Despite the similarities of the two approaches, they are different models however. Time technically is an estimated parameter in the LGC - though we typically fix the values, they can be freely estimated. This is because they are just ‘loadings’ in the factor analytic sense3. Secondly, any other time-varying covariates added to the LGC are assumed to interact with time. Thus while the slopes would vary over individuals in the mixed model, they vary over time in the LGC. As mentioned though, with proper constraints, the LGC can mimic the mixed model.

However, there are still a few things against using LGC in my opinion, when both are viable or easily implemented.

  • LGC requires balanced data, and so one must estimate missing values as a default, or else risk losing a lot of data even with only minor missingness, and doing so can make post-estimation procedures problematic depending on the imputation technique chosen.
  • LGC also requires four time points4, but as the above demonstrates, success is not guaranteed with 5 time points even with 50 clusters.
  • As we have seen, LGC is not very viable for very small samples.
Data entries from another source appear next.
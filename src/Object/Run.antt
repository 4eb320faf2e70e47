-- ===== src/Object/Run.antt =====
-- gtu_test_suite_run of src/test-suite/test-suite.c, with src/test-suite/run.c, on the store of objects:
-- the state of the process and the store side by side. `n` is the fuel of the operations on objects.
use giitestutils.Base.{ℕ, true, not, List, [], ◌∷◌, some, ◌==◌, if◌then◌else◌, codes, value}
use giitestutils.Base.Exec.{Exec, undefined, pure, stop, gets, modify, on_option, ◌>>=◌, ◌>>◌}
use giitestutils.TestPath.{gtu_path_new}
use giitestutils.Log.Tap.{gtu_log_test_plan}
use giitestutils.Process.{Env, World, on_log, failed_check}
use giitestutils.TestCase.{gtu_test_case_has_run}
use giitestutils.TestSuite.{count_tests, run_test}
use giitestutils.Object.{
  Ref, null, GtuTestCasePrivate, at_path, private_part, test_case, test_suite, Store, on_object,
  write, gtu_test_object_sink, gtu_test_object_unref,
}
use giitestutils.Object.Paths.{gtu_test_object_get_path, print_path}
use giitestutils.Object.Collect.{object_collect_tests}

pub record Machine : Type 0 where
  pub world : World
  pub store : Store

abbrev pub on_world {ℓ} : {A : Type ℓ} → Exec World A → Exec Machine A
on_world m s = let (r, w) = m s.world in (r, record s { world = w })

abbrev pub on_store {ℓ} : {A : Type ℓ} → Exec Store A → Exec Machine A
on_store m s = let (r, h) = m s.store in (r, record s { store = h })

-- The private data of the test case at `p`.
abbrev pub case_at : Ref → Exec Store GtuTestCasePrivate
case_at p = on_object p (λ o. elim o.kind [
  | test_case priv ↦ pure priv
  | test_suite children child_names ↦ stop undefined
])

abbrev pub set_private : Ref → GtuTestCasePrivate → Exec Store (Unit {0})
set_private p priv = on_object p (λ o. write p (record o { kind = test_case priv }))

-- The loop over count_tests.
unfoldable pub count_tests_at : List Ref → ℕ → Exec Store ℕ
unfolding on_object count_tests
count_tests_at [] n_tests = pure n_tests
count_tests_at (p ∷ tests) n_tests = case_at p >>= λ priv.
    count_tests_at tests (count_tests (at_path gtu_path_new priv ∷ []) n_tests)

module _ (env : Env) (n : ℕ) where
  -- run_test, on the case at `p` with its path, whose string is printed and kept in each of its ends.
  unfoldable pub run_test_at : Ref → ℕ → Exec Machine ℕ
  unfolding on_object write gtu_test_object_get_path print_path run_test gtu_test_case_has_run
  run_test_at p n_failed = on_store (case_at p) >>= λ priv.
      if gtu_test_case_has_run (at_path gtu_path_new priv)
      then pure n_failed
      else (on_store (gtu_test_object_get_path env.isspace n p) >>= λ got.
          on_option (value got) (stop undefined) (λ path.
            on_store (print_path p (some path))
            >> (on_world (run_test env (at_path path priv) n_failed) >>= λ ran.
                on_store (set_private p (private_part ran.1)) >> pure ran.0)))

  unfoldable pub run_tests_at : List Ref → ℕ → Exec Machine ℕ
  unfolding run_test_at
  run_tests_at [] n_failed = pure n_failed
  run_tests_at (p ∷ tests) n_failed = run_test_at p n_failed >>= run_tests_at tests

  -- The run of a suite: behind the checks.
  unfoldable pub run_suite_at : Ref → Exec Machine ℕ
  unfolding gtu_test_object_sink gtu_test_object_unref object_collect_tests count_tests_at
      run_tests_at on_log
  run_suite_at p =
      on_store (gtu_test_object_sink p)
      >> (on_store (object_collect_tests n p []) >>= λ tests.
          on_store (count_tests_at tests 0) >>= λ n_tests.
          on_world (on_log (gtu_log_test_plan n_tests))
          >> (run_tests_at tests 0 >>= λ ret.
              on_store (gtu_test_object_unref n p)
              >> on_world (modify (λ w. record w { has_run = true }))
              >> pure ret))

  abbrev refuse_run : Exec Machine ℕ
  refuse_run = on_world (failed_check env (codes "gtu_test_suite_run")) >> pure 1

  unfoldable pub gtu_test_suite_run_at : Ref → Exec Machine ℕ
  unfolding run_suite_at failed_check
  gtu_test_suite_run_at p =
      if not env.has_initialized
      then pure 1
      else (on_world (gets (λ w. w.has_run)) >>= λ has_run.
          if has_run
          then refuse_run
          else if p == null
          then refuse_run
          else (on_store (on_object p (λ o. pure o.kind)) >>= λ kind. elim kind [
            | test_case priv ↦ refuse_run
            | test_suite children child_names ↦ run_suite_at p
          ]))
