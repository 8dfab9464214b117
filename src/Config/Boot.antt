-- ===== src/Config/Boot.antt =====
-- The configuration from the environment, internal/config/config.go, and the log level of
-- internal/logging/logging.go. The parsing of the variables is the env library's.
use cardingest.Base.{◌||◌, Outcome, ok, err, ◌==◌, list_eq, nat_eq, if◌then◌else◌, ◌>>=◌, wrap}
use cardingest.Base.Int.{ℤ}
use cardingest.Base.Strings.{Text, codes, to_lower}

-- The fields of `Config` that the modelled code reads.
pub record BootConfig : Type 0 where
  pub reader_mode : Text
  pub mock_fixture_dir : Text
  pub config_path : Text
  pub state_path : Text
  pub mount_root : Text
  pub poll_interval : ℤ

pub data BootError : Type 0 where
  unparsed invalid_reader_mode : Text → BootError

unfoldable pub checked_mode : BootConfig → Outcome BootError BootConfig
unfolding list_eq
checked_mode cfg =
    if cfg.reader_mode == codes "real" || cfg.reader_mode == codes "mock"
    then ok cfg
    else err (invalid_reader_mode cfg.reader_mode)

-- NewConfig, of what the env library has parsed.
unfoldable pub new_config : Outcome Text BootConfig → Outcome BootError BootConfig
unfolding checked_mode
new_config parsed = wrap unparsed parsed >>= checked_mode

pub data Level : Type 0 where
  debug info warn error : Level

-- LogLevelToSlogLevel: the level, and the text of an unknown one.
unfoldable pub log_level : Text → Outcome Text Level
unfolding to_lower list_eq
log_level text =
    let l = to_lower text in
    if l == codes "debug"
    then ok debug
    else if l == codes "info"
    then ok info
    else if l == codes "warn"
    then ok warn
    else if l == codes "error"
    then ok error
    else err text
On the other hand, one could run a repeated measures anova, a special case of the mixed model, on two time points and a handful of subjects without issue.
  • Due to the differences in models, adding time-varying covariates to an LGC is tedious and causes the number of estimated parameters to balloon quickly relative to the mixed model, which adds to the amount of data you’d want to have. In practice, LGC users often leave out covariates due to the inherent complexities incurred with their addition to the model.
  • These days, growth mixture models, mediation, multiple outcomes etc. can potentially be done with mixed models with little extra effort beyond the standard mixed model, and do not require an SEM approach.
  • Mixed models are not restricted to time-based clustering5.
  • There are better (in my opinion) approaches to nonlinear effects, regularization, and other complexities in the non-SEM setting.

In general, LGC should probably be reserved for models that include additional latent variables (beyond the intercept and slope factors) and indirect effects. In such cases, the data requirements will be even more taxing, but the LGC could be the right tool for the job. If a mixed model approach is appropriate, it should probably be preferred, and especially so with smaller sample sizes.

Future

Possibilities for the future:

vs. Bayesian mixed vs. Bayesian growth vs. gam with cor=0

Code

link (Still quite messy)

lavaan optimization settings

$control
$control$eval.max
[1] 20000

$control$iter.max
[1] 10000

$control$trace
[1] 0

$control$step.min
[1] 1

$control$step.max
[1] 1

$control$abs.tol
[1] 2.220446e-15

$control$rel.tol
[1] 1e-10

$control$x.tol
[1] 1.5e-08

$control$xf.tol
[1] 2.2e-14

  1. lavaan uses same ‘control’ terminology as nlminb, but nlme notes msMaxEval, and msMaxIter for eval.max and iter.max arguments respectively. Aside from the iteration defaults, the only other difference between lavaan and nlme is with abs.tol, which by default is not used with nlminb (i.e. it is set to zero). Beyond that both lavaan and nlme use the defaults. The following is a print of growthfittedmodel@optim.

  2. See Ben Bolker’s discussion on the R-sig-ME list here.

  3. They are often estimated to capture nonlinear trends.

  4. Like other SEM it can be run with three with proper constraints.

  5. One can take the long form ‘multilevel’ approach within the SEM context. Like with the LGC, unless you have a complicated model full of indirect effects and latent variables, the only reason to use the SEM software is that you like to spend a lot more time coding up the model.